- _About this exercise_
Wherever a line in the material contains the word "deref", copy that line.

[Opening Provided material section]

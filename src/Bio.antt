-- ===== src/Bio.antt =====
-- drivers/scsi/swap/swap.c: bios that are served through the swaps. The
-- work queue runs an item's handler some time after `swap_bio` has queued it.
pub mod Life
pub mod Pages
pub mod Workqueue
pub mod Start
pub mod Settled
pub mod Handler
use scsiswap.Base.{
  ℕ, ◌+◌, ◌-◌, ◌/◌, Bool, true, false, ◌&&◌, ◌||◌, not, Option, none, some, List, [], ◌∷◌, Bytes,
  ltb, leb, ◌==◌, ◌!=◌, if◌then◌else◌, length, overwrite, slice, minus_one_64,
}
use scsiswap.Kernel.{Kernel}
use scsiswap.Layout.{max_reserved_sector, swap_log_head_offset, swap_log_data_offset}
use scsiswap.Format.{zero_head}
use scsiswap.State.{
  World, Status, ok, fail, eio, may_dirty, is_ok, M, pure, lift, gets, deref, modify, ◌>>=◌, ◌>>◌,
}
use scsiswap.Core.Alloc.{kmalloc}
use scsiswap.Core.Transfer.Read.{scsi_swap_core_read}
use scsiswap.Core.Transfer.Write.{scsi_swap_core_write}
use scsiswap.Core.Query.{scsi_swap_core_can_swap, scsi_swap_core_swapped}
use scsiswap.Core.Start.{scsi_swap_core_init, scsi_swap_core_destroy}
use scsiswap.Log.{scsi_swap_log_init, scsi_swap_log_destroy}
use scsiswap.Sim.{scsi_swap_sim_init, scsi_swap_sim_destroy}

-- Where a bio's `bi_bdev` leads: nowhere, to a disk without a parent device, to a parent that is
-- no SCSI device, or to the SCSI device of the world.
pub data BlockDevice : Type 0 where
  no_bdev no_disk no_parent other_parent scsi_parent : BlockDevice

-- A segment's `bv_len` bytes, and whether its page has an address (its own or by `kmap_atomic`).
pub record Segment : Type 0 where
  pub content : Bytes
  pub has_address : Bool

-- `struct bio`, as far as the driver reads and writes it.
pub record Bio : Type 0 where
  pub bdev : BlockDevice
  pub is_write : Bool
  pub bi_sector : ℕ
  pub bi_size : ℕ
  pub uptodate : Bool
  pub segments : List Segment

-- `struct swap_bio_item`
pub record BioItem : Type 0 where
  pub bio : Bio
  pub start_sec : ℕ
  pub size : ℕ
  pub bad_sec : ℕ
  pub may_create : Bool

unfoldable pub sdev_from_bdev : BlockDevice → Bool
sdev_from_bdev scsi_parent = true
sdev_from_bdev _ = false

-- Whether a page is copied that belongs at `pos`: it starts in front of the buffer's end, and its
-- page has an address.
unfoldable pub copies_page : Bytes → ℕ → Segment → Bool
copies_page buf pos s = ltb pos (length buf) && s.has_address

-- The place in the buffer behind a page.
unfoldable pub place_behind : Bytes → ℕ → Segment → ℕ
place_behind buf pos s = if ltb pos (length buf) then pos + length s.content else pos

-- The page, with `memcpy` from the buffer: none where it runs past the buffer's end.
unfoldable pub page_from_buf : Bytes → ℕ → Segment → Option Segment
unfolding copies_page
page_from_buf buf pos s =
    let n = length s.content in
    if copies_page buf pos s
    then (if leb (pos + n) (length buf)
        then some (record s { content = slice buf pos n })
        else none)
    else some s

-- The buffer, with `memcpy` from the page: none where it runs past the buffer's end.
unfoldable pub page_to_buf : Bytes → ℕ → Segment → Option Bytes
unfolding copies_page
page_to_buf buf pos s =
    if copies_page buf pos s
    then (if leb (pos + length s.content) (length buf)
        then some (overwrite buf pos s.content)
        else none)
    else some buf

-- `buf_fill_bio`: the segments, filled from the buffer.
unfoldable pub fill_segments : Bytes → ℕ → List Segment → Option (List Segment)
fill_segments buf pos [] = some []
fill_segments buf pos (s ∷ segments) = elim (page_from_buf buf pos s) [
  | none ↦ none
  | some s' ↦ elim (fill_segments buf (place_behind buf pos s) segments) [
    | none ↦ none
    | some rest ↦ some (s' ∷ rest)
  ]
]

unfoldable pub buf_fill_bio : Bio → Bytes → Option Bio
buf_fill_bio bio buf = elim (fill_segments buf 0 bio.segments) [
  | none ↦ none
  | some segments ↦ some (record bio { segments = segments })
]

-- `bio_fill_buf`: the buffer, filled from the segments.
unfoldable pub gather_segments : Bytes → ℕ → List Segment → Option Bytes
gather_segments buf pos [] = some buf
gather_segments buf pos (s ∷ segments) = elim (page_to_buf buf pos s) [
  | none ↦ none
  | some buf' ↦ gather_segments buf' (place_behind buf pos s) segments
]

unfoldable pub bio_fill_buf : Bio → Bytes → Option Bytes
bio_fill_buf bio buf = gather_segments buf 0 bio.segments

-- A status of the core that counts as done.
abbrev pub is_done : Status → Bool
is_done ok = true
is_done may_dirty = true
is_done _ = false

-- `bio->bi_size >= size` and what follows.
abbrev pub advance : ℕ → Bio → Bio
advance size bio =
    if leb size bio.bi_size
    then record bio { bi_size = bio.bi_size - size; bi_sector = bio.bi_sector + size / 512 }
    else bio

module _ {E : Type 0} where
  -- Whether `bio_get_scsi_swap` finds the device's swap.
  unfoldable pub bio_get_scsi_swap : Bio → World E → Bool
  unfolding sdev_from_bdev
  bio_get_scsi_swap bio w =
      if not (sdev_from_bdev bio.bdev)
      then false
      else (if w.removable || w.changed then false else w.enable)

  unfoldable pub bio_has_bad_block : Bio → World E → Bool
  unfolding bio_get_scsi_swap
  bio_has_bad_block bio w =
      if not (bio_get_scsi_swap bio w)
      then false
      else scsi_swap_core_swapped bio.bi_sector (bio.bi_size / 512) w

module _ {E : Type 0} (k : Kernel E) where
  -- `swap_bio` for a bio that is not null: the item queued, if there is one; its result is true
  -- just then. `sizeof(struct swap_bio_item)` is 80.
  unfoldable pub swap_bio : Bio → ℕ → ℕ → ℕ → Bool → Bool → World E → Option BioItem × World E
  unfolding bio_get_scsi_swap
  swap_bio bio sector size bad_sec is_eio may_create w =
      let (got, w') = kmalloc k 80 w in
      if not is_eio
      then (none, w)
      else (if not bio.is_write && (bad_sec != minus_one_64)
          then (none, w)
          else (if not (bio_get_scsi_swap bio w)
              then (none, w)
              else (if not (scsi_swap_core_can_swap sector size w)
                  then (none, w)
                  else (if not got then (none, w') else (
                    some (record {
                      bio = bio;
                      start_sec = sector;
                      size = size;
                      bad_sec = bad_sec;
                      may_create = may_create;
                    }),
                    w',
                  )))))

  -- `swap_bio_work_handler`: the bio and the error that go to `bi_end_io`.
  unfoldable pub swap_bio_work_handler : BioItem → M E (Bio × Status)
  swap_bio_work_handler item = do
    let bio = item.bio
    let num = item.size / 512
    fresh ← gets (λ w. k.fresh_memory item.size w.env)
    got ← lift (kmalloc k item.size)
    let write = do
      buf ← deref (bio_fill_buf bio fresh)
      s ← scsi_swap_core_write k item.start_sec num item.bad_sec buf
      pure (
        advance item.size (if is_done s then record bio { uptodate = true } else bio),
        if is_done s then ok else eio,
      )
    let read = do
      (s, buf) ← scsi_swap_core_read k item.start_sec num item.bad_sec fresh
      filled ← if is_done s then deref (buf_fill_bio bio buf) else pure bio
      pure (
        advance item.size (if is_done s then record filled { uptodate = true } else bio),
        if is_done s then ok else eio,
      )
    if not got then pure (bio, eio) else if bio.is_write then write else read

[Closing Provided material section]

- _Written answer_
  World, Status, ok, fail, eio, may_dirty, is_ok, M, pure, lift, gets, deref, modify, ◌>>=◌, ◌>>◌,
      buf ← deref (bio_fill_buf bio fresh)
      filled ← if is_done s then deref (buf_fill_bio bio buf) else pure bio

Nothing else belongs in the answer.